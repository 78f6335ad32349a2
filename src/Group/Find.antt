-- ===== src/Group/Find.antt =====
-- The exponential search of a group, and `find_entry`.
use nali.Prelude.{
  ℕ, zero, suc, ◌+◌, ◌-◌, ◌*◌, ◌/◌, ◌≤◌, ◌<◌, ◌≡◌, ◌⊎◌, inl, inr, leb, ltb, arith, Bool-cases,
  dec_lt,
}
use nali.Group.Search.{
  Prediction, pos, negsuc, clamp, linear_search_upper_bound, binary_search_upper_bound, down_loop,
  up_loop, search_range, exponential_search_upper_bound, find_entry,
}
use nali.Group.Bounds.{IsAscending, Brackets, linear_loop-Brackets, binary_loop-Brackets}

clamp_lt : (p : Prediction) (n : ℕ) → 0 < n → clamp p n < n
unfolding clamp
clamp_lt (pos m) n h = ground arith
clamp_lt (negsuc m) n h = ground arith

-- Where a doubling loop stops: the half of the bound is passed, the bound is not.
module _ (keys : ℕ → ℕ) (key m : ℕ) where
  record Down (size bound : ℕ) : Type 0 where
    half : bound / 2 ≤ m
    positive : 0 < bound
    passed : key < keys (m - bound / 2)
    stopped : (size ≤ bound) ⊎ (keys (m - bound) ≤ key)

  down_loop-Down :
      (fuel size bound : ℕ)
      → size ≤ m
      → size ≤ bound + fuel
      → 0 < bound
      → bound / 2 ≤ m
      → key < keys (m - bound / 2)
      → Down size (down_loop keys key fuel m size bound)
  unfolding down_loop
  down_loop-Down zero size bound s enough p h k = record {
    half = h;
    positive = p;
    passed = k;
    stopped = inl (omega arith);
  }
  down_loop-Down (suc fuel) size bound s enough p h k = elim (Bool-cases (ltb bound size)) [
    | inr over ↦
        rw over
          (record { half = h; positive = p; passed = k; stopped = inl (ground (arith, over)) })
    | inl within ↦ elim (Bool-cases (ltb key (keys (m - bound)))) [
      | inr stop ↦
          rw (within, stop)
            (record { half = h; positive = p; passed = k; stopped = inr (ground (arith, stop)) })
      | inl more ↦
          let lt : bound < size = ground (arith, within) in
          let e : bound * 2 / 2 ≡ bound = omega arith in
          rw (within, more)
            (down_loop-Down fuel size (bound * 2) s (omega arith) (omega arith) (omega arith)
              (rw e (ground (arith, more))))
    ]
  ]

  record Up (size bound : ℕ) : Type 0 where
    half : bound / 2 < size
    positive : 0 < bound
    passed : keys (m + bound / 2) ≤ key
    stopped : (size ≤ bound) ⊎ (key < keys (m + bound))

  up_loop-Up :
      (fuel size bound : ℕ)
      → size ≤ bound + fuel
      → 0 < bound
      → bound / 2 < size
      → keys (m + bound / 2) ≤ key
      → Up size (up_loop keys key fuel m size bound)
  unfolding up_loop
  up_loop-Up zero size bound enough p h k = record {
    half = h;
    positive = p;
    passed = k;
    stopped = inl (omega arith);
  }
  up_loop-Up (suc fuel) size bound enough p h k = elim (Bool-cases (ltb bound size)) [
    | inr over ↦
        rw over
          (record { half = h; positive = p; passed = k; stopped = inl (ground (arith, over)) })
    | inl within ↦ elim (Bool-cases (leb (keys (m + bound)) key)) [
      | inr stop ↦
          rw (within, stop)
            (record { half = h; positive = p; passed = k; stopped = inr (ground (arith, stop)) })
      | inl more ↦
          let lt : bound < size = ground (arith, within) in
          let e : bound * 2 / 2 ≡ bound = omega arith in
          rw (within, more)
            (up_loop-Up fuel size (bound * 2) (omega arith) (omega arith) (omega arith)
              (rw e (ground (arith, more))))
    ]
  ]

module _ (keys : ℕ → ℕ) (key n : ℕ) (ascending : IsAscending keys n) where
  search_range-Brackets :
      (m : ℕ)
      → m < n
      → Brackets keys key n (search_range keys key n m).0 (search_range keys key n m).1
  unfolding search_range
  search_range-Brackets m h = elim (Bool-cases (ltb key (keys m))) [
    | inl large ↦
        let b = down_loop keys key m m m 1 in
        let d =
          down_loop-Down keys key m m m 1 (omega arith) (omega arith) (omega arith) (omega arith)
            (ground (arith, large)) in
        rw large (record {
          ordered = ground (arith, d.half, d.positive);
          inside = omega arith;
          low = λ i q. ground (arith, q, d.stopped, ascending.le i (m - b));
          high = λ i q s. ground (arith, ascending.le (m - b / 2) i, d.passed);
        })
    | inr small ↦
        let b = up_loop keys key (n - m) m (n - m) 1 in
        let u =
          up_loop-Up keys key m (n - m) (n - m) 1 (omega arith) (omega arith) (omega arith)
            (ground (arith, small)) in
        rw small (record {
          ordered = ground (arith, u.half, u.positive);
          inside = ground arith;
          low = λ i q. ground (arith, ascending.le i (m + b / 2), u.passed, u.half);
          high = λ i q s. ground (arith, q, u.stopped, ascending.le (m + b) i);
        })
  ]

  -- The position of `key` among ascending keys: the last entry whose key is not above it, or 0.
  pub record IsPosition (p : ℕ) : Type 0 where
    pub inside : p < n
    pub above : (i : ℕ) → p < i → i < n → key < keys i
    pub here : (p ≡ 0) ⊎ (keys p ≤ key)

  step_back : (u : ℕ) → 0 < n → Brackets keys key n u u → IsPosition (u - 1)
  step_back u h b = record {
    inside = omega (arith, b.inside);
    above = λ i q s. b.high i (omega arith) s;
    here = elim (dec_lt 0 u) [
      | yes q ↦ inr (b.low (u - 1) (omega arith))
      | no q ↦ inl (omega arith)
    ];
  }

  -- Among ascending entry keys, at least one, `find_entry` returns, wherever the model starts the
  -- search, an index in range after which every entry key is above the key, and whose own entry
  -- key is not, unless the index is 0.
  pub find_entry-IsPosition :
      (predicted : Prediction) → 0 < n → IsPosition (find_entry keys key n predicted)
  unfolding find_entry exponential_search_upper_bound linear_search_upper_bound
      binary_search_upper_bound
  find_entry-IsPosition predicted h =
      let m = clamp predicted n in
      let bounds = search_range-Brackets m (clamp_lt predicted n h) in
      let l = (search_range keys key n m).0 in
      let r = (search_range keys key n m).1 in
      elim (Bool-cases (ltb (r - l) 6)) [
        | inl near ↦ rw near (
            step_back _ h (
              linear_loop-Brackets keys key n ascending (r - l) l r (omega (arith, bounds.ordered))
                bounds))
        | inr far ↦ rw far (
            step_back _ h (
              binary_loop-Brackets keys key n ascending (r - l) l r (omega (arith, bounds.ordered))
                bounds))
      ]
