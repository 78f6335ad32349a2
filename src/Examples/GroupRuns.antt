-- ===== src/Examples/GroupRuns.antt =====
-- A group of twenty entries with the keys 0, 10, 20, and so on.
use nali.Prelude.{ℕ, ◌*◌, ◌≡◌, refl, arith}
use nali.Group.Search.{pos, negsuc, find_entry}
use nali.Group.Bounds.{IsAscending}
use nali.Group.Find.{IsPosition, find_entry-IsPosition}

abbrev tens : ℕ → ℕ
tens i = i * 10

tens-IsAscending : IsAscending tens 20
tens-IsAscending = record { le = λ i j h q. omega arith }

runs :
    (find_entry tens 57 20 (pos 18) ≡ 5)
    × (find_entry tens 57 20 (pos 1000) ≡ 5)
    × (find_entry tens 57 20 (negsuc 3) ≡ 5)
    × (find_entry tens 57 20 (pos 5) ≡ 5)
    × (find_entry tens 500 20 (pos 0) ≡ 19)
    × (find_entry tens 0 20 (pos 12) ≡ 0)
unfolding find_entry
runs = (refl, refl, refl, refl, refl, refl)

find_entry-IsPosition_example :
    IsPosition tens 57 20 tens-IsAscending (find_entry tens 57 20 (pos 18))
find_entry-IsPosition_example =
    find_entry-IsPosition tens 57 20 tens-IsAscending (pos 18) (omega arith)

• EXERCISE OBJECTIVE: Say, as a number only, how many lines of the data contain "enough".

• ANSWER: 4